(Data excerpts)
* * * * *

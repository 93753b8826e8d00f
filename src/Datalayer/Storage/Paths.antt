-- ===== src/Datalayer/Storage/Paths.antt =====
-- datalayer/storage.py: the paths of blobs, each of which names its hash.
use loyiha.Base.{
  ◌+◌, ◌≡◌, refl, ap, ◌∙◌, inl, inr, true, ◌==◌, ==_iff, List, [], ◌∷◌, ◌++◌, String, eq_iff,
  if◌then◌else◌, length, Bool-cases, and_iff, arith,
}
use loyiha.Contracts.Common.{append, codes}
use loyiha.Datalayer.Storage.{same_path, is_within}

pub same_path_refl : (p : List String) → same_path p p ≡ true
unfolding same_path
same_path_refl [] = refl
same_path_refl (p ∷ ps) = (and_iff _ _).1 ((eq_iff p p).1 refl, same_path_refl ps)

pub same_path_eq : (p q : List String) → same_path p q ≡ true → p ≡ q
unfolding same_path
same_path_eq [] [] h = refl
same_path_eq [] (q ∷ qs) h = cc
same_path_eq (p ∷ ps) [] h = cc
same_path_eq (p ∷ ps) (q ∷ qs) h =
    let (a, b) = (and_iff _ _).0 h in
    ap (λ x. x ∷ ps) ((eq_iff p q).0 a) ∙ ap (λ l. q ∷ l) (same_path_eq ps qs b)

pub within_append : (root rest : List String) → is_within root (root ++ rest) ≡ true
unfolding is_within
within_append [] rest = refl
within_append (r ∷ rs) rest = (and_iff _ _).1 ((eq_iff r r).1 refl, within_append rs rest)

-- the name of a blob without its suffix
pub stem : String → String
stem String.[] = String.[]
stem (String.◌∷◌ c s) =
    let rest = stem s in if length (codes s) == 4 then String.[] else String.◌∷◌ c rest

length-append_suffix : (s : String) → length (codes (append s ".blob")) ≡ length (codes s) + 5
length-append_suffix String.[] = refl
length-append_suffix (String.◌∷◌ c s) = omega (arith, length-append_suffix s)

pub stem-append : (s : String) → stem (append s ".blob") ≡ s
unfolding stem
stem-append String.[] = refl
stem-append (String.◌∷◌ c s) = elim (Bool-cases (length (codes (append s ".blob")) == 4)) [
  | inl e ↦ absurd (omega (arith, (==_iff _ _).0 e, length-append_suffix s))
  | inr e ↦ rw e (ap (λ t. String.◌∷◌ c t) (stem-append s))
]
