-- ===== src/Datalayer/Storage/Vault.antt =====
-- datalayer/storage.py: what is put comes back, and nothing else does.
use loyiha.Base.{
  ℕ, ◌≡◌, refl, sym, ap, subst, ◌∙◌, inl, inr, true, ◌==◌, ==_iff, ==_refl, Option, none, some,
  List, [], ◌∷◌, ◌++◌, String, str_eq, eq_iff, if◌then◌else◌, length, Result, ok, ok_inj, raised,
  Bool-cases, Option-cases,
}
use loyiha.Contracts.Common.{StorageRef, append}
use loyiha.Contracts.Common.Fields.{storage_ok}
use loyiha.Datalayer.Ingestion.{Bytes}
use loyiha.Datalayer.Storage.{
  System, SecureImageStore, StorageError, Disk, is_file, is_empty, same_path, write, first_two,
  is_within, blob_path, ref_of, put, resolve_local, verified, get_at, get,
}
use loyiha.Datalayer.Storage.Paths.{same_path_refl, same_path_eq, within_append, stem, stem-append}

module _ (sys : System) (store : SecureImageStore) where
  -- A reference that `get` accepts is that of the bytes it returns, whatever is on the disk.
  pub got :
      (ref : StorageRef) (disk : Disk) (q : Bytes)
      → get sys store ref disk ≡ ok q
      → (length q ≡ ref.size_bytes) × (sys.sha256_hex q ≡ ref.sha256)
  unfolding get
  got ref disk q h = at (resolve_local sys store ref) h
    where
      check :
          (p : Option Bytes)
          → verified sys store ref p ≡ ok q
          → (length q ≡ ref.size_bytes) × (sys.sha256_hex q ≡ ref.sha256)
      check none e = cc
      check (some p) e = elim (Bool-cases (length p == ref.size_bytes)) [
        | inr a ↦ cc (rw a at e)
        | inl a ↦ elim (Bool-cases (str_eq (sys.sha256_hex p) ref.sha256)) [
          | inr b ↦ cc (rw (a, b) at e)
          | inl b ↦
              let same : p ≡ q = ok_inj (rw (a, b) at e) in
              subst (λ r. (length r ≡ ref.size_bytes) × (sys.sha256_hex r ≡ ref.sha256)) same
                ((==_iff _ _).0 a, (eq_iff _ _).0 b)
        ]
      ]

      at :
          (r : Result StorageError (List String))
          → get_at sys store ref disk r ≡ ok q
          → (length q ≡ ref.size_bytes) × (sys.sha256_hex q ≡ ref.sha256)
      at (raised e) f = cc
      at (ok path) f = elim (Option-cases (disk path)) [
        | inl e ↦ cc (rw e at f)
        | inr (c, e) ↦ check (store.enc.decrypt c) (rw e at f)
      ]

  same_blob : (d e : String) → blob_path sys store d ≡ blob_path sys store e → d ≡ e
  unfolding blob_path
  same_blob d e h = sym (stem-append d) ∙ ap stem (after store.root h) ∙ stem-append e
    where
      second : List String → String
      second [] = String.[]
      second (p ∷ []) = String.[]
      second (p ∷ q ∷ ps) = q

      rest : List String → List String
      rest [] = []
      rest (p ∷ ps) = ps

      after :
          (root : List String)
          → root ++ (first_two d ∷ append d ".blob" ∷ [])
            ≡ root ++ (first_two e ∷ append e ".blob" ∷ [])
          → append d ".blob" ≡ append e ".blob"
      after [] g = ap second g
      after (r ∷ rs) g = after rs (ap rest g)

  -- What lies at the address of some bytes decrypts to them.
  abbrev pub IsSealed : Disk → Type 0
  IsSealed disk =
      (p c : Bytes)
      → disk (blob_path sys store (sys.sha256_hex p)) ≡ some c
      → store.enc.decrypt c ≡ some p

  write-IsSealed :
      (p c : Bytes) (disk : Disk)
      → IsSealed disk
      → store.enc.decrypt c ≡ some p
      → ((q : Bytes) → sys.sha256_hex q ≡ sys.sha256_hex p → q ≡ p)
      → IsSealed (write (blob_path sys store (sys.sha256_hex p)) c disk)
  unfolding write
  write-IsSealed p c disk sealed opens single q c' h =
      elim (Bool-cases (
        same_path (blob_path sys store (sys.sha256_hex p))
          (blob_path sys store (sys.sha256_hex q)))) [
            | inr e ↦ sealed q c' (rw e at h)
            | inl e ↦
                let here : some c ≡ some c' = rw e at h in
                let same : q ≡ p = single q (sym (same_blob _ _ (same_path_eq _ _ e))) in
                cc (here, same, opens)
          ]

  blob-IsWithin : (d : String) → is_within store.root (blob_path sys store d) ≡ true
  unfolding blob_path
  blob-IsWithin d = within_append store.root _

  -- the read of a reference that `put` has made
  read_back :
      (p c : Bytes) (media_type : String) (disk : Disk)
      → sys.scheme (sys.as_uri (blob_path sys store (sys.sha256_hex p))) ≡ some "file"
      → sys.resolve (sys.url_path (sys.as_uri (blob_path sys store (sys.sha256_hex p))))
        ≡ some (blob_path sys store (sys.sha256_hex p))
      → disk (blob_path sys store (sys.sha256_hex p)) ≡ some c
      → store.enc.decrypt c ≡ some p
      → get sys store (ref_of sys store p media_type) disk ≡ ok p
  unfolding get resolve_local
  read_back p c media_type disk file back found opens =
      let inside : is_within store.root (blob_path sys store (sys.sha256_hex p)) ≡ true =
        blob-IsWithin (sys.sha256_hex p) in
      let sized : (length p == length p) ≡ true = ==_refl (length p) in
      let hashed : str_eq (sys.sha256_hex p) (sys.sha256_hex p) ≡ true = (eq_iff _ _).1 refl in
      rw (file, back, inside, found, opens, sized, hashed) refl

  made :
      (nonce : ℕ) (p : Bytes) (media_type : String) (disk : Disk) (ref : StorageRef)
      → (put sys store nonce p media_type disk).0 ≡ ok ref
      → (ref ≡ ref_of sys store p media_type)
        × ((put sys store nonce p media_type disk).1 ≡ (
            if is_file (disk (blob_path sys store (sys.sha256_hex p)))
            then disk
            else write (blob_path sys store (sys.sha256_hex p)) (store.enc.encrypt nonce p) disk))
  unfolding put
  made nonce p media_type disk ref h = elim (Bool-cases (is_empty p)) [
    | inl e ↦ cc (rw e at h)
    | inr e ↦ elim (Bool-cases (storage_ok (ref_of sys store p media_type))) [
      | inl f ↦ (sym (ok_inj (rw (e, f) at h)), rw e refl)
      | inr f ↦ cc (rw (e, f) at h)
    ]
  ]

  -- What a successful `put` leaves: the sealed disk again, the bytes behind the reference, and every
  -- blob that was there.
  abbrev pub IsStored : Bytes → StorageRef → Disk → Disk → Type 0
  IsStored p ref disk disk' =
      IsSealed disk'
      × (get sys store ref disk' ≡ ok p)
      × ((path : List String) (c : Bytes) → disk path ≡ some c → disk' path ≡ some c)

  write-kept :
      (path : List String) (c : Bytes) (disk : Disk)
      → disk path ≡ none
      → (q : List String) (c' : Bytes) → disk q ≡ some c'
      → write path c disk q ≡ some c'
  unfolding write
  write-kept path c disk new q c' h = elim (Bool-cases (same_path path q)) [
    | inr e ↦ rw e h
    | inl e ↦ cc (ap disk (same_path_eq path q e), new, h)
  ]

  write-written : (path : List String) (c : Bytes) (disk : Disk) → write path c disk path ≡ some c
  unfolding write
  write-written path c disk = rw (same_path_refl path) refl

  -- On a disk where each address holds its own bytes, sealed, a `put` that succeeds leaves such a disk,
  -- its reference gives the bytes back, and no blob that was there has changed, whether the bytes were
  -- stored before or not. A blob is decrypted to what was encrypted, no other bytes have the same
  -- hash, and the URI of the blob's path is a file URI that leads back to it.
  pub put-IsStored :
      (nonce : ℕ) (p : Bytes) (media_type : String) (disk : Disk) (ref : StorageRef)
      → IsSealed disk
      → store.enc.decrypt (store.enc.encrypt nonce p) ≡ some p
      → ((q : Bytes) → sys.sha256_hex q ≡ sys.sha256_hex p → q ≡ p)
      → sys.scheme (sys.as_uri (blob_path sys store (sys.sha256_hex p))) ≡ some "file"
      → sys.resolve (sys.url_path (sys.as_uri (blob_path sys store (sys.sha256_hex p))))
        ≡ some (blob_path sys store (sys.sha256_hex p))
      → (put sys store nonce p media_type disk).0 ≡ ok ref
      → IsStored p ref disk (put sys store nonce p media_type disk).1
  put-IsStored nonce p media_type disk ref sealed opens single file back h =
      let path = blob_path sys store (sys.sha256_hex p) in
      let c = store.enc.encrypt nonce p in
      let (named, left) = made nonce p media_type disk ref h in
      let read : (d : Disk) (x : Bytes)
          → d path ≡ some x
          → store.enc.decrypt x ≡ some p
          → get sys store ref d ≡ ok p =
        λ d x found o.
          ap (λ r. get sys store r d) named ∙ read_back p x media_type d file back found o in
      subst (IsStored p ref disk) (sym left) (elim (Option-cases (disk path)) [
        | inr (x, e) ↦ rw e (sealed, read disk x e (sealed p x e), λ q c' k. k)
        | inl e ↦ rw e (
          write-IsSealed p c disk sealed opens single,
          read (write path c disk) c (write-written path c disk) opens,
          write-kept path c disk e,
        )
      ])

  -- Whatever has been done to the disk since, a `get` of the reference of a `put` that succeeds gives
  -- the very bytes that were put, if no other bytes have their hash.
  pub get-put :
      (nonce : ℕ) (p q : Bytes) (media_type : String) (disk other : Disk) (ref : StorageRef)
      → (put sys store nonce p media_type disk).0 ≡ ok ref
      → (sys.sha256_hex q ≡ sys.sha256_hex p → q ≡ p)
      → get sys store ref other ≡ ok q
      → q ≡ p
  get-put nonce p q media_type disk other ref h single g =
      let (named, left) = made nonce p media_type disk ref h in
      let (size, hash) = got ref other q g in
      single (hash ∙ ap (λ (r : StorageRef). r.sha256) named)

* * * * *

## What you need to do
Begin at the line above that has "length-append_suffix : (s" and stop after the line that has "((==_iff _ _).0 a, (eq_iff", copying each line exactly and adding nothing else.

## Reply
length-append_suffix : (s : String) → length (codes (append s ".blob")) ≡ length (codes s) + 5
length-append_suffix String.[] = refl
length-append_suffix (String.◌∷◌ c s) = omega (arith, length-append_suffix s)

pub stem-append : (s : String) → stem (append s ".blob") ≡ s
unfolding stem
stem-append String.[] = refl
stem-append (String.◌∷◌ c s) = elim (Bool-cases (length (codes (append s ".blob")) == 4)) [
  | inl e ↦ absurd (omega (arith, (==_iff _ _).0 e, length-append_suffix s))
  | inr e ↦ rw e (ap (λ t. String.◌∷◌ c t) (stem-append s))
]
-- ===== src/Datalayer/Storage/Vault.antt =====
-- datalayer/storage.py: what is put comes back, and nothing else does.
use loyiha.Base.{
  ℕ, ◌≡◌, refl, sym, ap, subst, ◌∙◌, inl, inr, true, ◌==◌, ==_iff, ==_refl, Option, none, some,
  List, [], ◌∷◌, ◌++◌, String, str_eq, eq_iff, if◌then◌else◌, length, Result, ok, ok_inj, raised,
  Bool-cases, Option-cases,
}
use loyiha.Contracts.Common.{StorageRef, append}
use loyiha.Contracts.Common.Fields.{storage_ok}
use loyiha.Datalayer.Ingestion.{Bytes}
use loyiha.Datalayer.Storage.{
  System, SecureImageStore, StorageError, Disk, is_file, is_empty, same_path, write, first_two,
  is_within, blob_path, ref_of, put, resolve_local, verified, get_at, get,
}
use loyiha.Datalayer.Storage.Paths.{same_path_refl, same_path_eq, within_append, stem, stem-append}

module _ (sys : System) (store : SecureImageStore) where
  -- A reference that `get` accepts is that of the bytes it returns, whatever is on the disk.
  pub got :
      (ref : StorageRef) (disk : Disk) (q : Bytes)
      → get sys store ref disk ≡ ok q
      → (length q ≡ ref.size_bytes) × (sys.sha256_hex q ≡ ref.sha256)
  unfolding get
  got ref disk q h = at (resolve_local sys store ref) h
    where
      check :
          (p : Option Bytes)
          → verified sys store ref p ≡ ok q
          → (length q ≡ ref.size_bytes) × (sys.sha256_hex q ≡ ref.sha256)
      check none e = cc
      check (some p) e = elim (Bool-cases (length p == ref.size_bytes)) [
        | inr a ↦ cc (rw a at e)
        | inl a ↦ elim (Bool-cases (str_eq (sys.sha256_hex p) ref.sha256)) [
          | inr b ↦ cc (rw (a, b) at e)
          | inl b ↦
              let same : p ≡ q = ok_inj (rw (a, b) at e) in
              subst (λ r. (length r ≡ ref.size_bytes) × (sys.sha256_hex r ≡ ref.sha256)) same
                ((==_iff _ _).0 a, (eq_iff _ _).0 b)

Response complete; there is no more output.